** Opening DATASET EXTRACT block **

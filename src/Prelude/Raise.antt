-- ===== src/Prelude/Raise.antt =====
-- A computation that returns or raises.
use mathlib.Core.Path.{◌≡◌, refl}
use mathlib.Core.Logic.{◌⊎◌, inl, inr}
use mathlib.Core.Bool.{Bool, true, false}
use mathlib.Core.Option.{Option, none, some}

pub data Outcome {ℓ κ} (E : Type κ) (A : Type ℓ) : Type (ℓ ⊔ κ) where
  ok : A → Outcome E A
  err : E → Outcome E A

infixl 5 ◌>>=◌ ◌>>◌
abbrev pub ◌>>=◌ {ℓ κ μ} :
    {E : Type μ} {A : Type ℓ} {B : Type κ} → Outcome E A → (A → Outcome E B) → Outcome E B
ok a >>= f = f a
err x >>= f = err x

abbrev pub ◌>>◌ {ℓ μ} : {E : Type μ} {B : Type ℓ} → Outcome E (Unit {0}) → Outcome E B → Outcome E B
m >> k = m >>= λ _. k

-- `if test: raise x`
abbrev pub raise_if {μ} : {E : Type μ} → Bool → E → Outcome E (Unit {0})
raise_if true x = err x
raise_if false x = ok tt

-- A missing key raises.
abbrev pub or_raise {ℓ μ} : {E : Type μ} {A : Type ℓ} → Option A → E → Outcome E A
or_raise none x = err x
or_raise (some a) x = ok a

pub >>=-eq-ok {ℓ κ μ} :
    {E : Type μ} {A : Type ℓ} {B : Type κ} (tried : Outcome E A) (after : A → Outcome E B) {out : B}
    → (tried >>= after) ≡ ok out
    → (got : A) × (tried ≡ ok got) × (after got ≡ ok out)
>>=-eq-ok (ok got) after q = (got, refl, q)
>>=-eq-ok (err x) after q = cc

pub raise_if-eq-ok {μ} :
    {E : Type μ} (b : Bool) (x : E) {u : Unit {0}} → raise_if b x ≡ ok u → b ≡ false
raise_if-eq-ok true x h = cc
raise_if-eq-ok false x h = refl

pub Outcome-cases {ℓ κ} :
    {E : Type κ} {A : Type ℓ} (m : Outcome E A) → ((a : A) × (m ≡ ok a)) ⊎ ((x : E) × (m ≡ err x))
Outcome-cases (ok a) = inl (a, refl)
Outcome-cases (err x) = inr (x, refl)

pub ok-injective {ℓ κ} :
    {E : Type κ} {A : Type ℓ} {a b : A} → ◌≡◌ {A = Outcome E A} (ok a) (ok b) → a ≡ b
ok-injective h = cc
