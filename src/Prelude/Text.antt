-- ===== src/Prelude/Text.antt =====
-- Python's `str` as the list of its code points, with the methods that the source calls.
use Prim.Native.Char.{code}
use Prim.Native.String.{String}
use Prim.Native.Nat.{ℕ, ◌+◌}
use mathlib.Core.Bool.{Bool, true, false, ◌&&◌, ◌||◌}
use mathlib.Core.List.{List, [], ◌∷◌, ◌++◌, reverse}
use mew_code.Prelude.Tests.{nat_beq, leb, ltb, if◌then◌else◌}
use mew_code.Prelude.Lists.{take}
use mew_code.Prelude.Keys.{Eq, nat_eq, list_eq}

abbrev pub Text : Type 0
Text = List ℕ

-- The code points of a literal.
abbrev pub codes : String → Text
codes String.[] = []
codes (String.◌∷◌ c s) = code c ∷ codes s

abbrev pub is_empty : Text → Bool
is_empty [] = true
is_empty (c ∷ s) = false

-- The code points that `str.strip` removes.
unfoldable pub is_space : ℕ → Bool
is_space c =
    (leb 9 c && leb c 13)
    || (leb 28 c && leb c 32)
    || nat_beq c 133
    || nat_beq c 160
    || nat_beq c 5760
    || (leb 8192 c && leb c 8202)
    || nat_beq c 8232
    || nat_beq c 8233
    || nat_beq c 8239
    || nat_beq c 8287
    || nat_beq c 12288

unfoldable pub lstrip : Text → Text
unfolding is_space
lstrip [] = []
lstrip (c ∷ s) = if is_space c then lstrip s else c ∷ s

-- s.strip()
unfoldable pub strip : Text → Text
unfolding lstrip
strip s = reverse (lstrip (reverse (lstrip s)))

-- len(s.encode("utf-8"))
unfoldable pub utf8_length : Text → ℕ
utf8_length [] = 0
utf8_length (c ∷ s) =
    (if ltb c 128 then 1 else if ltb c 2048 then 2 else if ltb c 65536 then 3 else 4)
    + utf8_length s

-- The line breaks of `str.splitlines`; "\r\n" is one of them, read in `one_line`.
unfoldable pub is_break : ℕ → Bool
is_break c =
    (leb 10 c && leb c 13)
    || (leb 28 c && leb c 30)
    || nat_beq c 133
    || nat_beq c 8232
    || nat_beq c 8233

-- The break that stands before the text still to read.
pub data Pending : Type 0 where
  nothing carriage_return line_break : Pending

abbrev separator : Pending → Text
separator nothing = []
separator _ = 32 ∷ []

abbrev swallows : Pending → ℕ → Bool
swallows carriage_return c = nat_beq c 10
swallows _ c = false

-- " ".join(s.splitlines()): a break at the end of the text leaves nothing.
unfoldable pub one_line : Pending → Text → Text
unfolding is_break
one_line p [] = []
one_line p (c ∷ s) =
    let joined = swallows p c in
    let out = if joined then [] else separator p ++ (if is_break c then [] else c ∷ []) in
    let next =
      if joined
      then line_break
      else if is_break c
      then (if nat_beq c 13 then carriage_return else line_break)
      else nothing in
    out ++ one_line next s

-- bounded_text for a value that is not None
unfoldable pub bounded_text : ℕ → Text → Text
unfolding one_line
bounded_text limit s = take limit (one_line nothing s)

instance unfoldable pub text_eq : Eq Text
text_eq = list_eq

instance unfoldable pub texts_eq : Eq (List Text)
texts_eq = list_eq

-- s < t for Python's str, which goes by code points
unfoldable pub text_less : Text → Text → Bool
text_less s [] = false
text_less [] (d ∷ t) = true
text_less (c ∷ s) (d ∷ t) = ltb c d || (nat_beq c d && text_less s t)
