-- ===== src/Permissions/Models.antt =====
-- src/mewcode/permissions/models.py: the enumerations and the records of the permission system.
use mew_code.Prelude.{ℕ, Bool, Option, List}
use mew_code.Prelude.Text.{Text}

pub data PermissionMode : Type 0 where
  strict default allow : PermissionMode

pub data PermissionEffect : Type 0 where
  allow deny : PermissionEffect

pub data PermissionOutcome : Type 0 where
  allow deny ask : PermissionOutcome

pub data PermissionChoice : Type 0 where
  deny once session permanent : PermissionChoice

pub data RuleScope : Type 0 where
  session project_local project user : RuleScope

pub data PermissionSource : Type 0 where
  blacklist sandbox session_rule project_local_rule project_rule user_rule : PermissionSource
  mode user_confirmation config_error subagent_policy subagent_non_interactive : PermissionSource

-- `PermissionTargetKind` of src/mewcode/tools/base.py.
pub data PermissionTargetKind : Type 0 where
  command path path_glob tool : PermissionTargetKind

pub record PermissionTarget : Type 0 where
  pub tool_name : Text
  pub value : Text
  pub kind : PermissionTargetKind

-- `specificity` is the tuple (exact, fixed text, path segments).
pub record Specificity : Type 0 where
  pub exact : ℕ
  pub fixed_text : ℕ
  pub segments : ℕ

pub record PermissionRule : Type 0 where
  pub tool_name : Text
  pub pattern : Text
  pub effect : PermissionEffect
  pub scope : RuleScope
  pub is_exact : Bool
  pub specificity : Specificity

pub record PermissionRuleSets : Type 0 where
  pub session : List PermissionRule
  pub project_local : List PermissionRule
  pub project : List PermissionRule
  pub user : List PermissionRule

pub record PermissionMatch : Type 0 where
  pub rule : PermissionRule
  pub source : PermissionSource

-- The reason is text for the user and is left out.
pub record PermissionDecision : Type 0 where
  pub outcome : PermissionOutcome
  pub target : Option PermissionTarget
  pub source : PermissionSource
  pub match : Option PermissionMatch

** Closing DATASET EXTRACT block **

■ WHAT TO DO
An exact repeat of all the records is required.

■ ANSWER TO THE PROBLEM
filename src/Prelude/Raise.antt
-- ===== src/Prelude/Raise.antt =====
-- A computation that returns or raises.
use mathlib.Core.Path.{◌≡◌, refl}
use mathlib.Core.Logic.{◌⊎◌, inl, inr}
use mathlib.Core.Bool.{Bool, true, false}
use mathlib.Core.Option.{Option, none, some}

pub data Outcome {ℓ κ} (E : Type κ) (A : Type ℓ) : Type (ℓ ⊔ κ) where
  ok : A → Outcome E A
  err : E → Outcome E A

infixl 5 ◌>>=◌ ◌>>◌
abbrev pub ◌>>=◌ {ℓ κ μ} :
    {E : Type μ} {A : Type ℓ} {B : Type κ} → Outcome E A → (A → Outcome E B) → Outcome E B
ok a >>= f = f a
err x >>= f = err x

abbrev pub ◌>>◌ {ℓ μ} : {E : Type μ} {B : Type ℓ} → Outcome E (Unit {0}) → Outcome E B → Outcome E B
m >> k = m >>= λ _. k

-- `if test: raise x`
abbrev pub raise_if {μ} : {E : Type μ} → Bool → E → Outcome E (Unit {0})
raise_if true x = err x
raise_if false x = ok tt

-- A missing key raises.
abbrev pub or_raise {ℓ μ} : {E : Type μ} {A : Type ℓ} → Option A → E → Outcome E A
or_raise none x = err x
or_raise (some a) x = ok a

pub >>=-eq-ok {ℓ κ μ} :
    {E : Type μ} {A : Type ℓ} {B : Type κ} (tried : Outcome E A) (after : A → Outcome E B) {out : B}
    → (tried >>= after) ≡ ok out
    → (got : A) × (tried ≡ ok got) × (after got ≡ ok out)
>>=-eq-ok (ok got) after q = (got, refl, q)
>>=-eq-ok (err x) after q = cc

pub raise_if-eq-ok {μ} :
    {E : Type μ} (b : Bool) (x : E) {u : Unit {0}} → raise_if b x ≡ ok u → b ≡ false
raise_if-eq-ok true x h = cc
raise_if-eq-ok false x h = refl

pub Outcome-cases {ℓ κ} :
    {E : Type κ} {A : Type ℓ} (m : Outcome E A) → ((a : A) × (m ≡ ok a)) ⊎ ((x : E) × (m ≡ err x))
Outcome-cases (ok a) = inl (a, refl)
Outcome-cases (err x) = inr (x, refl)

pub ok-injective {ℓ κ} :
    {E : Type κ} {A : Type ℓ} {a b : A} → ◌≡◌ {A = Outcome E A} (ok a) (ok b) → a ≡ b
ok-injective h = cc
filename src/Prelude/Text.antt
-- ===== src/Prelude/Text.antt =====
-- Python's `str` as the list of its code points, with the methods that the source calls.
use Prim.Native.Char.{code}
use Prim.Native.String.{String}
use Prim.Native.Nat.{ℕ, ◌+◌}
use mathlib.Core.Bool.{Bool, true, false, ◌&&◌, ◌||◌}
use mathlib.Core.List.{List, [], ◌∷◌, ◌++◌, reverse}
use mew_code.Prelude.Tests.{nat_beq, leb, ltb, if◌then◌else◌}
use mew_code.Prelude.Lists.{take}
use mew_code.Prelude.Keys.{Eq, nat_eq, list_eq}

abbrev pub Text : Type 0
Text = List ℕ

-- The code points of a literal.
abbrev pub codes : String → Text
codes String.[] = []
codes (String.◌∷◌ c s) = code c ∷ codes s

abbrev pub is_empty : Text → Bool
is_empty [] = true
is_empty (c ∷ s) = false

-- The code points that `str.strip` removes.
unfoldable pub is_space : ℕ → Bool
is_space c =
    (leb 9 c && leb c 13)
    || (leb 28 c && leb c 32)
    || nat_beq c 133
    || nat_beq c 160
    || nat_beq c 5760
    || (leb 8192 c && leb c 8202)
    || nat_beq c 8232
    || nat_beq c 8233
    || nat_beq c 8239
    || nat_beq c 8287
    || nat_beq c 12288

unfoldable pub lstrip : Text → Text
unfolding is_space
lstrip [] = []
lstrip (c ∷ s) = if is_space c then lstrip s else c ∷ s

-- s.strip()
unfoldable pub strip : Text → Text
unfolding lstrip
strip s = reverse (lstrip (reverse (lstrip s)))

-- len(s.encode("utf-8"))
unfoldable pub utf8_length : Text → ℕ
utf8_length [] = 0
utf8_length (c ∷ s) =
    (if ltb c 128 then 1 else if ltb c 2048 then 2 else if ltb c 65536 then 3 else 4)
    + utf8_length s

-- The line breaks of `str.splitlines`; "\r\n" is one of them, read in `one_line`.
unfoldable pub is_break : ℕ → Bool
is_break c =
    (leb 10 c && leb c 13)
    || (leb 28 c && leb c 30)
    || nat_beq c 133
    || nat_beq c 8232
    || nat_beq c 8233

-- The break that stands before the text still to read.
pub data Pending : Type 0 where
  nothing carriage_return line_break : Pending

abbrev separator : Pending → Text
separator nothing = []
separator _ = 32 ∷ []

abbrev swallows : Pending → ℕ → Bool
swallows carriage_return c = nat_beq c 10
swallows _ c = false

-- " ".join(s.splitlines()): a break at the end of the text leaves nothing.
unfoldable pub one_line : Pending → Text → Text
unfolding is_break
one_line p [] = []
one_line p (c ∷ s) =
    let joined = swallows p c in
    let out = if joined then [] else separator p ++ (if is_break c then [] else c ∷ []) in
    let next =
      if joined
      then line_break
      else if is_break c
      then (if nat_beq c 13 then carriage_return else line_break)
      else nothing in
    out ++ one_line next s

-- bounded_text for a value that is not None
unfoldable pub bounded_text : ℕ → Text → Text
unfolding one_line
bounded_text limit s = take limit (one_line nothing s)

instance unfoldable pub text_eq : Eq Text
text_eq = list_eq

instance unfoldable pub texts_eq : Eq (List Text)
texts_eq = list_eq

-- s < t for Python's str, which goes by code points
unfoldable pub text_less : Text → Text → Bool
text_less s [] = false
text_less [] (d ∷ t) = true
text_less (c ∷ s) (d ∷ t) = ltb c d || (nat_beq c d && text_less s t)
-- ===== src/Permissions/Models.antt =====
-- src/mewcode/permissions/models.py: the enumerations and the records of the permission system.
use mew_code.Prelude.{ℕ, Bool, Option, List}
use mew_code.Prelude.Text.{Text}

pub data PermissionMode : Type 0 where
  strict default allow : PermissionMode

pub data PermissionEffect : Type 0 where
  allow deny : PermissionEffect

pub data PermissionOutcome : Type 0 where
  allow deny ask : PermissionOutcome

pub data PermissionChoice : Type 0 where
  deny once session permanent : PermissionChoice

pub data RuleScope : Type 0 where
  session project_local project user : RuleScope

pub data PermissionSource : Type 0 where
  blacklist sandbox session_rule project_local_rule project_rule user_rule : PermissionSource
  mode user_confirmation config_error subagent_policy subagent_non_interactive : PermissionSource

-- `PermissionTargetKind` of src/mewcode/tools/base.py.
pub data PermissionTargetKind : Type 0 where
  command path path_glob tool : PermissionTargetKind

pub record PermissionTarget : Type 0 where
  pub tool_name : Text
  pub value : Text
  pub kind : PermissionTargetKind

-- `specificity` is the tuple (exact, fixed text, path segments).
pub record Specificity : Type 0 where
  pub exact : ℕ
  pub fixed_text : ℕ
  pub segments : ℕ

pub record PermissionRule : Type 0 where
  pub tool_name : Text
  pub pattern : Text
  pub effect : PermissionEffect
  pub scope : RuleScope
  pub is_exact : Bool
  pub specificity : Specificity

pub record PermissionRuleSets : Type 0 where
  pub session : List PermissionRule
  pub project_local : List PermissionRule
  pub project : List PermissionRule
  pub user : List PermissionRule

pub record PermissionMatch : Type 0 where
  pub rule : PermissionRule
  pub source : PermissionSource

-- The reason is text for the user and is left out.
pub record PermissionDecision : Type 0 where
  pub outcome : PermissionOutcome
  pub target : Option PermissionTarget
  pub source : PermissionSource
  pub match : Option PermissionMatch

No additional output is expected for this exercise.